* TASK OBJECTIVE:
Write out each line from the data below that includes the word "abbrev".

(Records contained in a dataset)
- Opening Delimiter -

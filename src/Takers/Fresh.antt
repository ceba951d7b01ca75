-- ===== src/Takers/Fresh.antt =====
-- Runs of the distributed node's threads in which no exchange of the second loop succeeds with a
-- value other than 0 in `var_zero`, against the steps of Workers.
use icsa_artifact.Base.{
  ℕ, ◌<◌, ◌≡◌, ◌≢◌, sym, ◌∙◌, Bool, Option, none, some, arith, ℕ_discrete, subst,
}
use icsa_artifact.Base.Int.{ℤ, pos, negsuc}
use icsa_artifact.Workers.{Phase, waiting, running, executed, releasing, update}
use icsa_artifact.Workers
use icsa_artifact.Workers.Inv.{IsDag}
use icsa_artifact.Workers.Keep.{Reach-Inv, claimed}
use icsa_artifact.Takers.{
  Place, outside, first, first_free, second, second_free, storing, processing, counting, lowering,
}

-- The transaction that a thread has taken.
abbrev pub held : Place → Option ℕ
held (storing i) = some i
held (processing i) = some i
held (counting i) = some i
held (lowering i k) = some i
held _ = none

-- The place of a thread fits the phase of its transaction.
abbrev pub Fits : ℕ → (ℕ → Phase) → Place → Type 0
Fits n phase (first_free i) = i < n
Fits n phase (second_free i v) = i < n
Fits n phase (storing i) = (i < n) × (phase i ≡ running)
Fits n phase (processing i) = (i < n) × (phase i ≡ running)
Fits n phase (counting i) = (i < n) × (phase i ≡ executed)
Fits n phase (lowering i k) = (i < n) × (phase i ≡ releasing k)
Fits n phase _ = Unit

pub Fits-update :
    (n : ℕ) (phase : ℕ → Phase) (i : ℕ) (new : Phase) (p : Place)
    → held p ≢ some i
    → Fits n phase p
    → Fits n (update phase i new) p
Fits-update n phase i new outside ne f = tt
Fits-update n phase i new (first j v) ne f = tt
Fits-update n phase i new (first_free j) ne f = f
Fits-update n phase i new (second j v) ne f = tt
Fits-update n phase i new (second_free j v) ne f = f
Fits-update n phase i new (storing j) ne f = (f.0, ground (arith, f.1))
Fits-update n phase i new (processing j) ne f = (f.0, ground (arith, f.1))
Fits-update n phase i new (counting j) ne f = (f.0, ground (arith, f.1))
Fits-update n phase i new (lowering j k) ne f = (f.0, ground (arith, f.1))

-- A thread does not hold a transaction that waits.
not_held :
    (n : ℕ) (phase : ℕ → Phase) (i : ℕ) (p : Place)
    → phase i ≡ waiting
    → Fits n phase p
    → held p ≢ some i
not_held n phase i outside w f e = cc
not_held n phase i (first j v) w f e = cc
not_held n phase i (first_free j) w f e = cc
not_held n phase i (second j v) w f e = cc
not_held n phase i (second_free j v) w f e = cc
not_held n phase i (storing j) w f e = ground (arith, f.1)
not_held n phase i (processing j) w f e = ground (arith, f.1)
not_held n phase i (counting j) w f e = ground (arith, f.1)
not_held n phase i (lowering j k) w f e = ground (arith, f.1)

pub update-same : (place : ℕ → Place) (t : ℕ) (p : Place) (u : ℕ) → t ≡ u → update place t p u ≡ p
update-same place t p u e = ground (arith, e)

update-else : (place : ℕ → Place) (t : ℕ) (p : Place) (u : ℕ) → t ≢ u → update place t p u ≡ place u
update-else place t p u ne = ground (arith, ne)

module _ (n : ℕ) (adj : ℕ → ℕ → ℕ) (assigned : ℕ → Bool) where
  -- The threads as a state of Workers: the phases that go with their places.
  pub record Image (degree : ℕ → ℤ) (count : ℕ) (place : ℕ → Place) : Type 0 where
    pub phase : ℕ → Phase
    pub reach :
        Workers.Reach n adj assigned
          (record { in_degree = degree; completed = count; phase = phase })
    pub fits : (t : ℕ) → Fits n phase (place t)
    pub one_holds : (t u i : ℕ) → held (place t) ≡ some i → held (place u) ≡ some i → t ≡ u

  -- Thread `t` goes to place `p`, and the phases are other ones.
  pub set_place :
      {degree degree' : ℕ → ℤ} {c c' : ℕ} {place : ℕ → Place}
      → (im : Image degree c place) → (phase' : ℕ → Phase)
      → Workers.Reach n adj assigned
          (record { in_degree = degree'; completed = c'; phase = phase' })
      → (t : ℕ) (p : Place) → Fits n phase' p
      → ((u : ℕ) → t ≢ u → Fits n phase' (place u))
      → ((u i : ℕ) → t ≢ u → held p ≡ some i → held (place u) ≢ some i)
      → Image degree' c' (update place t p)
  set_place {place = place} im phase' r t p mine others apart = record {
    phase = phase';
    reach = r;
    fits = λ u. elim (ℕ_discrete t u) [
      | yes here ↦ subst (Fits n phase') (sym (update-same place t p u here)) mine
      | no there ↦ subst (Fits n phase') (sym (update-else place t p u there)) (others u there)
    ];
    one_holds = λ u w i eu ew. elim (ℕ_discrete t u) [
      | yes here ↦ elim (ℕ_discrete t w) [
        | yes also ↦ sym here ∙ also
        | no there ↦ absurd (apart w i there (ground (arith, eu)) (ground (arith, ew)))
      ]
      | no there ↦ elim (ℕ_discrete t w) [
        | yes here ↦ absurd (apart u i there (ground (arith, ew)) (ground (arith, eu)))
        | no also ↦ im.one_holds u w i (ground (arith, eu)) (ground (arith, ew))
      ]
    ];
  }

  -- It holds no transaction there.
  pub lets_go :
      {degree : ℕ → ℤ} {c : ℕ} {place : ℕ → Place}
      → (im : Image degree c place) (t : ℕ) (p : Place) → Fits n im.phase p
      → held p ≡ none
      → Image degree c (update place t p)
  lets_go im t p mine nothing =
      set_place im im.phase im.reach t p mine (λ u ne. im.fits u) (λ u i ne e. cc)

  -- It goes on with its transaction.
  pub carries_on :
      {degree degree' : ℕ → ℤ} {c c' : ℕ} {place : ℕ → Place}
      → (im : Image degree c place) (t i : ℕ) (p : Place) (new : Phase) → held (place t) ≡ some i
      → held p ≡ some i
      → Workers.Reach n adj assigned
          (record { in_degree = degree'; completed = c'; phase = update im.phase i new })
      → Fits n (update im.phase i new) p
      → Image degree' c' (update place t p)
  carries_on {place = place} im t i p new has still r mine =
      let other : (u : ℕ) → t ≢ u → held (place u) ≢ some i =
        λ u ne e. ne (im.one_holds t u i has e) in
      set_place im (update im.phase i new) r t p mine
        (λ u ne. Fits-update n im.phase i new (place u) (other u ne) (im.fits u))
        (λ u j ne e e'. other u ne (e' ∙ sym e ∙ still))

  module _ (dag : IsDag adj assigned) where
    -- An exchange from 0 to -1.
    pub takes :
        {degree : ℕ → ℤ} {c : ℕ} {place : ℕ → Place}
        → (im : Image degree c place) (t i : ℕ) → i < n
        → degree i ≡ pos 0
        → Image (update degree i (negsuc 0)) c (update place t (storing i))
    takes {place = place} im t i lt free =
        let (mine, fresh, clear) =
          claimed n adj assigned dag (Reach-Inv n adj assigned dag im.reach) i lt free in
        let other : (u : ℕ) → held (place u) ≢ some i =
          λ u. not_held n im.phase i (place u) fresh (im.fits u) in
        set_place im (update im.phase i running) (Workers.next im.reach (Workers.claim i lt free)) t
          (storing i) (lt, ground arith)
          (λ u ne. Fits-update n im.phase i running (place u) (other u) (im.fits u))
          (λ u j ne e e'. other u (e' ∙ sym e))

- Closing Delimiter -
- Opening Delimiter -

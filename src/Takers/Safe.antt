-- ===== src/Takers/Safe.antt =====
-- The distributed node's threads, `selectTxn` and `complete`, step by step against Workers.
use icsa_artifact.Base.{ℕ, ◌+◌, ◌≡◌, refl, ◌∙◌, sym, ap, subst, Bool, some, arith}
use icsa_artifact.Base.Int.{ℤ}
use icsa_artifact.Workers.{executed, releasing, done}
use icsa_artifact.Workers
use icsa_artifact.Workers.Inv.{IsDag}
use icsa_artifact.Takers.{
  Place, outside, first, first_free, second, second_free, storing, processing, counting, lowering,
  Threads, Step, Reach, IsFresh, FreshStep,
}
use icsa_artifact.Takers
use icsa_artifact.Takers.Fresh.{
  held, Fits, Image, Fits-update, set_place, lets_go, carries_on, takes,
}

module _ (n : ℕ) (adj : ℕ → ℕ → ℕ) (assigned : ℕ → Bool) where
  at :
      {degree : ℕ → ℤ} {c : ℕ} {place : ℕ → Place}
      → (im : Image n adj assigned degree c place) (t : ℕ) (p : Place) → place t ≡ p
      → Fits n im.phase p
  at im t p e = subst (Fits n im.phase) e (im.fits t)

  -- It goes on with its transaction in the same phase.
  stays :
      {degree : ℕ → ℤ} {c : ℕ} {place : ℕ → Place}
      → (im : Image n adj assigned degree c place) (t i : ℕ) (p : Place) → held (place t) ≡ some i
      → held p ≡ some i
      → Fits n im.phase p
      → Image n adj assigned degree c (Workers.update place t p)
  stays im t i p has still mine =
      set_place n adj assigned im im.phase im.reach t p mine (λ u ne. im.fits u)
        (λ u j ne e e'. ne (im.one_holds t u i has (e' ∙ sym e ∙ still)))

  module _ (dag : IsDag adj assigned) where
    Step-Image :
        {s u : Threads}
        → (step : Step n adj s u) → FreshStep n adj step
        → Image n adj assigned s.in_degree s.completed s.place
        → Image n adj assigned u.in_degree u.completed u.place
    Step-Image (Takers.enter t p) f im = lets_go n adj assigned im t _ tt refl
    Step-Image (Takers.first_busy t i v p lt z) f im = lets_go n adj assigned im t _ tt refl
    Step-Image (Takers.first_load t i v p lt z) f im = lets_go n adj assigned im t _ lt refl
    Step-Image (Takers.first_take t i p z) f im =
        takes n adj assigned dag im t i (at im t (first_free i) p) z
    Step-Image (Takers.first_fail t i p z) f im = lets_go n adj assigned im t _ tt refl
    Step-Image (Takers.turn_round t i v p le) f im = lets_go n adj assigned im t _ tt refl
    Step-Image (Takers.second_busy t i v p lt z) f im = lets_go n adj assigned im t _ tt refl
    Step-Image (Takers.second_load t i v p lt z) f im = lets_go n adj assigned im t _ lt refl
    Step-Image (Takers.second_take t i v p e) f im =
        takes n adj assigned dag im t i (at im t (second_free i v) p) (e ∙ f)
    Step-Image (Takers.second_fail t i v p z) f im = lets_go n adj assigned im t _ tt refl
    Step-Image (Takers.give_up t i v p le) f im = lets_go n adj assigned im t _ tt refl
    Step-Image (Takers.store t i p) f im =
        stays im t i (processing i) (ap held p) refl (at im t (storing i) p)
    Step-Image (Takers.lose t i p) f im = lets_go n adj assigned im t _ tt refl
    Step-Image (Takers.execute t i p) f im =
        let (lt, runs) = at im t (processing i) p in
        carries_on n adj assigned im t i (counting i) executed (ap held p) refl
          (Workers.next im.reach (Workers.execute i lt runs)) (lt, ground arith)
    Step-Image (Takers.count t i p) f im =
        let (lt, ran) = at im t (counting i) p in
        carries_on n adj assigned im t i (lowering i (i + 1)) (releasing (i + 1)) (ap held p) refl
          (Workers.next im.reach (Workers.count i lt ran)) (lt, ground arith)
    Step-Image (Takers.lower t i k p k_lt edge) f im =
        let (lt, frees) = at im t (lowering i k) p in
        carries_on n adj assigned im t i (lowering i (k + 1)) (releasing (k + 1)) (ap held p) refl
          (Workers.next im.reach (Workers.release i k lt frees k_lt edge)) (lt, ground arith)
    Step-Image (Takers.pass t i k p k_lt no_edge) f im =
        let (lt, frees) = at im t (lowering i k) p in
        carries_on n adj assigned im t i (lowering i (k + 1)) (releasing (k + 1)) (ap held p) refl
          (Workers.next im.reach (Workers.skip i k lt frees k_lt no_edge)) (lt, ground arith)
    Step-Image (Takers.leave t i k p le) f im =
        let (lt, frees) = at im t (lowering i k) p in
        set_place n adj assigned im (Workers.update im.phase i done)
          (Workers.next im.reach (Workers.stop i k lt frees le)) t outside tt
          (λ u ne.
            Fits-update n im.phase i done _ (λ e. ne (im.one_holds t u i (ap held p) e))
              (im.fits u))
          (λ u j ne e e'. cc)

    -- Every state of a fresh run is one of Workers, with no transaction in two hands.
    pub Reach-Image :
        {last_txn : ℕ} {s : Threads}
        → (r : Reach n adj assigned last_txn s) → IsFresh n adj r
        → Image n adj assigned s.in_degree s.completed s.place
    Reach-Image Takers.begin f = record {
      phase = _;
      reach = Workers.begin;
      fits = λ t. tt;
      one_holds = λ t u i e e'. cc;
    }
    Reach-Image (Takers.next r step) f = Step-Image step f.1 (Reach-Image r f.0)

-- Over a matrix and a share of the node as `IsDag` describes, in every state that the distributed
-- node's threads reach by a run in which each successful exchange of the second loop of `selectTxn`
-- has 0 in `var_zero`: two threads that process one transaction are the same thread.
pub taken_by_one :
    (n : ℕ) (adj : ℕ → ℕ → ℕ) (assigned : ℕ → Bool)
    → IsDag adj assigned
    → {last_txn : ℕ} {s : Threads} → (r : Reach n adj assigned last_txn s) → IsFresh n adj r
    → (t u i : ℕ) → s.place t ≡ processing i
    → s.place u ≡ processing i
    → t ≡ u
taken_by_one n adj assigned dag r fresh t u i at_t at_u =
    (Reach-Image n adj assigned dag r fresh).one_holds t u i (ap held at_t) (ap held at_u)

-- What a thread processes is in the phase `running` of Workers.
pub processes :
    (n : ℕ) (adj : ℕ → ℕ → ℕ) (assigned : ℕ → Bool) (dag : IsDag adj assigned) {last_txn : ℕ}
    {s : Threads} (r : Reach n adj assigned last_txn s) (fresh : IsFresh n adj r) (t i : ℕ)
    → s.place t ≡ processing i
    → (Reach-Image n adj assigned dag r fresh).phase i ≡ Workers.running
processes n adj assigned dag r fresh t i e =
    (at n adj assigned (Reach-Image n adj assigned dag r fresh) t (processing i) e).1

- Closing Delimiter -

* TASK SOLUTION:
abbrev pub held : Place → Option ℕ
abbrev pub Fits : ℕ → (ℕ → Phase) → Place → Type 0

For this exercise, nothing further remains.